TASK PROMPT: Repeat verbatim, and only, the lines of the data below, beginning at the line that contains "(calls : List (Bytes × Option T)) (s" and stopping after the line that contains "let (b, at)".

Saved entries:
-- ===== src/Router/Table.antt =====
-- src/http_router.h: a router after any calls of `insert` is a table of routes.
use mathlib.Core.Option
use httpserver_cpp.Base.{
  ℕ, ◌≡◌, refl, sym, ◌∙◌, ap, ◌⊎◌, inl, inr, ◌↔◌, Option, none, some, ite, Bool-cases, not, ◌&&◌,
  Option-cases, List, [], ◌∷◌, ◌++◌, arith, Bytes, if◌then◌else◌,
}
use httpserver_cpp.Base.Result.{Exception, Result, ok, throws, fault}
use httpserver_cpp.Router.{Heap, root, empty, starts_with_slash, has_dots, insert, search_segments}
use httpserver_cpp.Router.Shape.{child, IsTree, empty-IsTree}
use httpserver_cpp.Router.Walk.{
  IsPrefix, cut, path_discrete, view, walk-empty, view-empty, walk-snoc,
}
use httpserver_cpp.Router.Insert.{HasNode, Inserts, insert_segments-Inserts}
use httpserver_cpp.Router.Search.{search_segments-Finds, Stops}

module _ {ℓ} {T : Type ℓ} (segments_view : Bytes → Option (List Bytes)) where
  -- The route that a call of `insert` stands for: a handler, and a path that starts with a slash,
  -- holds no two dots and can be parsed.
  unfoldable pub route : Bytes → Option T → Option (List Bytes × T)
  route path none = none
  route path (some d) =
      if starts_with_slash path && not (has_dots path)
      then Option.map (λ segments. (cut segments, d)) (segments_view path)
      else none

  -- A route is stored; any other call throws.
  abbrev pub Obeys : Option (List Bytes × T) → Heap T → Result (Heap T) → Type ℓ
  Obeys none h r = (e : Exception) × (r ≡ throws e)
  Obeys (some (ks, d)) h r = Inserts ks d h r

  -- On a tree, for any parser of paths: `insert` of a handler that is not null, under a path that
  -- starts with a slash, holds no two dots and can be parsed, succeeds; it leaves a tree, whose
  -- handlers are those of before but for the path's own, and whose nodes are those of before and
  -- those on the path. Any other `insert` throws.
  pub insert-Obeys :
      (path : Bytes) (d? : Option T) (h : Heap T)
      → IsTree h
      → Obeys (route path d?) h (insert segments_view path d? h)
  unfolding route insert
  insert-Obeys path none h t = (_, refl)
  insert-Obeys path (some d) h t = elim (Bool-cases (starts_with_slash path)) [
    | inl slash ↦ elim (Bool-cases (has_dots path)) [
      | inl dots ↦ rw (slash, dots) (_, refl)
      | inr plain ↦ elim (Option-cases (segments_view path)) [
        | inl bad ↦ rw (slash, plain, bad) (_, refl)
        | inr (segments, good) ↦ rw (slash, plain, good) (insert_segments-Inserts segments d h t)
      ]
    ]
    | inr other ↦ rw other (_, refl)
  ]

-- The table of routes that some calls of `insert` build up.
module _ {ℓ} {T : Type ℓ} where
  abbrev pub Passes : Option (List Bytes × T) → List Bytes → Type 0
  Passes none ks = ⊥
  Passes (some (js, d)) ks = IsPrefix ks js

  abbrev pub override : Option (List Bytes × T) → List Bytes → Option T → Option T
  override none ks old = old
  override (some (js, d)) ks old = ite (path_discrete js ks) (some d) old

  -- What the heap is after a call: an exception leaves it as it was.
  abbrev pub after : Heap T → Result (Heap T) → Heap T
  after h (ok h') = h'
  after h (throws e) = h
  after h fault = h

module _ {ℓ} {T : Type ℓ} where
  no_child :
      (h : Heap T) (e b : ℕ) (rest : List Bytes) (k : Bytes) (more : List Bytes)
      → Stops h e rest
      → rest ≡ k ∷ more
      → ¬ (child h e k ≡ some b)
  no_child h e b [] k more stops p at = cc
  no_child h e b (j ∷ rest) k more stops p at = ground arith

module _ {ℓ} {T : Type ℓ} (segments_view : Bytes → Option (List Bytes)) where
  -- `insert` for each call, where the caller catches the exceptions.
  unfoldable pub registers : Heap T → List (Bytes × Option T) → Heap T
  registers h [] = h
  registers h ((path, d?) ∷ calls) = registers (after h (insert segments_view path d? h)) calls

  -- The handler of the last call with the given path.
  unfoldable pub latest : List (Bytes × Option T) → List Bytes → Option T → Option T
  latest [] ks old = old
  latest ((path, d?) ∷ calls) ks old =
      latest calls ks (override (route segments_view path d?) ks old)

  -- Some call's path continues the given one.
  abbrev pub OnRoute : List (Bytes × Option T) → List Bytes → Type 0
  OnRoute [] ks = ⊥
  OnRoute ((path, d?) ∷ calls) ks = Passes (route segments_view path d?) ks ⊎ OnRoute calls ks

  pub record Stores (r : Option (List Bytes × T)) (h h' : Heap T) : Type ℓ where
    pub tree : IsTree h'
    pub sees : (ks : List Bytes) → view h' ks ≡ override r ks (view h ks)
    pub nodes : (ks : List Bytes) → HasNode h' ks ↔ (HasNode h ks ⊎ Passes r ks)

  pub Obeys-Stores :
      (r : Option (List Bytes × T)) (h : Heap T) (result : Result (Heap T))
      → IsTree h
      → Obeys segments_view r h result
      → Stores r h (after h result)
  Obeys-Stores none h result t (e, thrown) = rw thrown (record {
    tree = t;
    sees = λ ks. refl;
    nodes = λ ks. (inl, λ side. elim side [ inl a ↦ a | inr b ↦ absurd b ]);
  })
  Obeys-Stores (some (js, d)) h result t (h', run, i) =
      rw run (record { tree = i.tree; sees = i.sees; nodes = i.nodes })

  -- The heap after some calls, against the table.
  pub record IsTable (calls : List (Bytes × Option T)) (h h' : Heap T) : Type ℓ where
    pub tree : IsTree h'
    pub sees : (ks : List Bytes) → view h' ks ≡ latest calls ks (view h ks)
    pub nodes : (ks : List Bytes) → HasNode h' ks ↔ (HasNode h ks ⊎ OnRoute calls ks)

  -- On a tree, after any sequence of `insert` calls whose exceptions are caught: the heap is a tree;
  -- the handler at a path is that of the last valid call with this path, or else the one from
  -- before; and a path has a node exactly if it had one or a valid call's path continues it.
  pub registers-IsTable :
      (calls : List (Bytes × Option T)) (h : Heap T)
      → IsTree h
      → IsTable calls h (registers h calls)
  unfolding registers latest
  registers-IsTable [] h t = record {
    tree = t;
    sees = λ ks. refl;
    nodes = λ ks. (inl, λ side. elim side [ inl a ↦ a | inr b ↦ absurd b ]);
  }
  registers-IsTable ((path, d?) ∷ calls) h t =
      let s =
        Obeys-Stores (route segments_view path d?) h (insert segments_view path d? h) t
          (insert-Obeys segments_view path d? h t) in
      let i = registers-IsTable calls (after h (insert segments_view path d? h)) s.tree in
      record {
        tree = i.tree;
        sees = λ ks. i.sees ks ∙ ap (latest calls ks) (s.sees ks);
        nodes = λ ks. (
          λ found. elim ((i.nodes ks).0 found) [
            | inl a ↦ elim ((s.nodes ks).0 a) [ inl b ↦ inl b | inr p ↦ inr (inl p) ]
            | inr q ↦ inr (inr q)
          ],
          λ side. elim side [
            | inl a ↦ (i.nodes ks).1 (inl ((s.nodes ks).1 (inl a)))
            | inr (inl p) ↦ (i.nodes ks).1 (inl ((s.nodes ks).1 (inr p)))
            | inr (inr q) ↦ (i.nodes ks).1 (inr q)
          ],
        );
      }

  -- After any calls on a new router, the path of the deepest route on the way, and what `search` gives.
  abbrev pub Routes : List (Bytes × Option T) → List Bytes → Result (Option T) → Type ℓ
  Routes calls path result =
      (ks : List Bytes) × (rest : List Bytes) × (path ≡ ks ++ rest)
      × ((ks ≡ []) ⊎ OnRoute calls ks)
      × ((k : Bytes) (more : List Bytes) → rest ≡ k ∷ more → ¬ OnRoute calls (ks ++ k ∷ []))
      × (result ≡ ok (ite (path_discrete ks []) none (latest calls ks none)))

  -- After any `insert` calls on a new router, `search` with at least one segment succeeds: among the
  -- request's path and its prefixes it takes the longest that some valid call's path continues, and
  -- gives the handler of the last valid call with exactly this path, or null if there is none or if
  -- it is the empty path.
  pub search-Routes :
      (calls : List (Bytes × Option T)) (s : Bytes) (segments : List Bytes)
      → Routes calls (cut (s ∷ segments)) (search_segments (s ∷ segments) (registers empty calls))
  search-Routes calls s segments =
      let i = registers-IsTable calls empty empty-IsTree in
      let (ks, rest, e, same, w, stops, found) =
        search_segments-Finds s segments (registers empty calls) i.tree in
      (
        ks,
        rest,
        same,
        elim ((i.nodes ks).0 (e, w)) [ inl n ↦ inl (walk-empty T ks n.0 n.1) | inr r ↦ inr r ],
        λ k more split on.
            let (b, at) = (i.nodes (ks ++ k ∷ [])).1 (inr on) in
            no_child (registers empty calls) e b rest k more stops split
              (sym (walk-snoc (registers empty calls) root ks k e w) ∙ at),
        found
            ∙ ap (λ v. ok (ite (path_discrete ks []) none v))
                (i.sees ks ∙ ap (latest calls ks) (view-empty T ks)),
      )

THE ANSWER:
      (calls : List (Bytes × Option T)) (s : Bytes) (segments : List Bytes)
      → Routes calls (cut (s ∷ segments)) (search_segments (s ∷ segments) (registers empty calls))
  search-Routes calls s segments =
      let i = registers-IsTable calls empty empty-IsTree in
      let (ks, rest, e, same, w, stops, found) =
        search_segments-Finds s segments (registers empty calls) i.tree in
      (
        ks,
        rest,
        same,
        elim ((i.nodes ks).0 (e, w)) [ inl n ↦ inl (walk-empty T ks n.0 n.1) | inr r ↦ inr r ],
        λ k more split on.
            let (b, at) = (i.nodes (ks ++ k ∷ [])).1 (inr on) in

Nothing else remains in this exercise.